Ekonomi Ekonomi Daerah

TP2DD Balikpapan Gencarkan Edukasi Digital untuk UMKM, Transaksi Nontunai Diperluas

BALIKPAPAN – Pemerintah Kota Balikpapan melalui Tim Percepatan dan Perluasan Digitalisasi Daerah (TP2DD) memperluas edukasi pemanfaatan transaksi digital bagi pelaku Usaha Mikro, Kecil, dan Menengah (UMKM) sebagai bagian dari penguatan inklusi keuangan dan percepatan transformasi ekonomi digital di tingkat masyarakat.

Program ini menyasar pelaku usaha kecil di berbagai wilayah, termasuk pasar tradisional dan pedagang kaki lima, dengan tujuan meningkatkan pemahaman penggunaan sistem pembayaran nontunai sekaligus memperluas akses masyarakat terhadap layanan keuangan digital yang aman dan mudah digunakan.

Kepala Badan Pengelola Pajak Daerah dan Retribusi Daerah (BPPDRD) Kota Balikpapan, Idham Mustari mengatakan, edukasi menjadi langkah penting agar transformasi digital tidak hanya dinikmati kelompok tertentu, tetapi menjangkau seluruh lapisan masyarakat, khususnya pelaku usaha kecil.

“Kami terjun langsung ke lapangan untuk memberikan pendampingan kepada para pelaku UMKM. Sosialisasi ini bukan sekadar teori, melainkan praktik nyata penggunaan kanal pembayaran digital di tempat usaha mereka,” ujarnya, Jumat (10/04).

Menurut Idham, penguatan literasi digital di kalangan UMKM diharapkan mampu meningkatkan daya saing usaha sekaligus memperluas akses pelaku usaha terhadap layanan keuangan formal, termasuk sistem perbankan dan pembiayaan resmi.

Pemerintah daerah juga menggencarkan sosialisasi secara langsung melalui pendampingan di lapangan dengan melibatkan berbagai unsur masyarakat agar proses adaptasi terhadap transaksi digital berjalan lebih cepat dan mudah dipahami.

Petugas memberikan edukasi penggunaan berbagai platform pembayaran digital, mulai dari sistem pemindaian kode QR hingga aplikasi transaksi berbasis telepon seluler.

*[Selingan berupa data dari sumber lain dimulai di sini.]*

-- ===== src/Unwind/Exec.antt =====
-- kernel/unwind.c: `dwarf_exec`, which runs the call frame instructions of an entry.
use ultra.Prelude.{
  ℕ, zero, suc, ◌+◌, ◌-◌, ◌*◌, ◌/◌, ◌%◌, Option, some, List, ◌||◌, ltb, leb, ◌==◌, if◌then◌else◌,
  set,
}
use ultra.Unwind.Data.{
  Result, ok, error, unfinished, ◌>>=◌, einval, enosys, u64, Image, EhData, UnwindState,
  arch_num_dwarf_registers, eh_consume,
}
use ultra.Unwind.Decode.{copy_data, decode_value}
use ultra.Unwind.Parse.{unwind_get_return_address}

-- `enum dw_cfa_opcode`
abbrev pub dw_cfa_nop : ℕ
dw_cfa_nop = 0x00

abbrev pub dw_cfa_advance_loc1 : ℕ
dw_cfa_advance_loc1 = 0x02

abbrev pub dw_cfa_advance_loc2 : ℕ
dw_cfa_advance_loc2 = 0x03

abbrev pub dw_cfa_advance_loc4 : ℕ
dw_cfa_advance_loc4 = 0x04

abbrev pub dw_cfa_same_value : ℕ
dw_cfa_same_value = 0x08

abbrev pub dw_cfa_def_cfa : ℕ
dw_cfa_def_cfa = 0x0C

abbrev pub dw_cfa_def_cfa_register : ℕ
dw_cfa_def_cfa_register = 0x0D

abbrev pub dw_cfa_def_cfa_offset : ℕ
dw_cfa_def_cfa_offset = 0x0E

abbrev pub dw_cfa_advance_loc : ℕ
dw_cfa_advance_loc = 0x40

abbrev pub dw_cfa_offset : ℕ
dw_cfa_offset = 0x80

abbrev pub dw_cfa_restore : ℕ
dw_cfa_restore = 0xC0

-- An offset that was never written is `none`.
pub record RegisterRule : Type 0 where
  pub rule : ℕ
  pub offset : Option ℕ

-- What the three arguments of `dwarf_exec` point to. The data is a field of the state, which nothing
-- but the cursor's own steps reads or writes meanwhile.
pub record Machine : Type 0 where
  pub state : UnwindState
  pub rules : List RegisterRule
  pub code : EhData

abbrev pub advance : Machine → ℕ → Machine
advance x delta = record x {
  state = record (x.state) { pc = u64 (x.state.pc + delta * x.state.code_alignment_factor) };
}

-- A register that is not kept is skipped.
abbrev pub store_rule : Machine → ℕ → RegisterRule → Machine
store_rule x reg rule =
    if ltb reg arch_num_dwarf_registers then record x { rules = set x.rules reg rule } else x

-- `DW_CFA_advance_loc1` and the two like it; the number of bytes is `opcode - 1`, or 4.
unfoldable pub advance_loc : Image → ℕ → Machine → Result Machine
advance_loc k bytes_needed x = do
  (delta, code) ← copy_data k x.code bytes_needed
  ok (advance (record x { code = code }) delta)

unfoldable pub def_cfa_offset : Image → Machine → Result Machine
def_cfa_offset k x = do
  (value, code) ← decode_value k x.code 0x01
  ok (record x { code = code; state = record (x.state) { cfa_offset = value } })

-- `DW_CFA_def_cfa` goes on with the offset.
unfoldable pub def_cfa : Image → ℕ → Machine → Result Machine
def_cfa k opcode x = do
  (value, code) ← decode_value k x.code 0x01
  let y : Machine = record x { code = code; state = record (x.state) { cfa_reg_idx = value } }
  let both = def_cfa_offset k y
  if leb arch_num_dwarf_registers value
      then error einval
      else if opcode == dw_cfa_def_cfa
      then both
      else ok y

-- The second `switch`, on an opcode whose high two bits are 0.
unfoldable pub exec_extended : Image → ℕ → Machine → Result Machine
exec_extended k opcode x =
    if opcode == dw_cfa_nop
    then ok x
    else if opcode == dw_cfa_advance_loc4
    then advance_loc k 4 x
    else if opcode == dw_cfa_advance_loc2 || opcode == dw_cfa_advance_loc1
    then advance_loc k (opcode - 1) x
    else if opcode == dw_cfa_def_cfa || opcode == dw_cfa_def_cfa_register
    then def_cfa k opcode x
    else if opcode == dw_cfa_def_cfa_offset
    then def_cfa_offset k x
    else error enosys

-- `DW_CFA_offset`
unfoldable pub exec_offset : Image → ℕ → Machine → Result Machine
exec_offset k reg x = do
  (value, code) ← decode_value k x.code 0x01
  ok (
      store_rule (record x { code = code }) reg
        (record { rule = dw_cfa_offset; offset = some value }))

-- The body of the loop, behind the opcode.
unfoldable pub exec_opcode : Image → ℕ → Machine → Result Machine
exec_opcode k opcode x =
    let high = opcode / 64 * 64 in
    let low = opcode % 64 in
    if high == 0
    then exec_extended k opcode x
    else if high == dw_cfa_advance_loc
    then ok (advance x low)
    else if high == dw_cfa_offset
    then exec_offset k low x
    else if high == dw_cfa_restore
    then ok (store_rule x low (record { rule = dw_cfa_same_value; offset = some 0 }))
    else error enosys

unfoldable pub dwarf_exec_loop : Image → ℕ → Machine → Result Machine
dwarf_exec_loop k zero x = if x.code.bytes_left == 0 then ok x else unfinished
dwarf_exec_loop k (suc fuel) x =
    let round = (do
      return_address ← unwind_get_return_address x.state
      let later = (do
        (opcode, code) ← eh_consume k x.code 1
        x ← exec_opcode k opcode (record x { code = code })
        dwarf_exec_loop k fuel x)
      if ltb return_address x.state.pc then ok x else later) in
    if x.code.bytes_left == 0 then ok x else round

-- Each round takes a byte.
unfoldable pub dwarf_exec : Image → Machine → Result Machine
dwarf_exec k x = dwarf_exec_loop k x.code.bytes_left x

Pendekatan tersebut dilakukan untuk membantu pelaku usaha memahami proses transaksi digital secara praktis dan aman.

Selain mempermudah transaksi, sistem digital dinilai dapat membantu pelaku UMKM mengelola pencatatan usaha secara lebih rapi karena transaksi tersimpan otomatis dan dapat dipantau sewaktu-waktu sebagai bahan evaluasi perkembangan usaha.

“Harapan kami, seluruh lapisan masyarakat Balikpapan semakin percaya diri menggunakan teknologi. Ketahanan ekonomi kita akan jauh lebih kuat jika pondasi digital di tingkat bawah sudah terbentuk dengan kokoh,” tambahnya.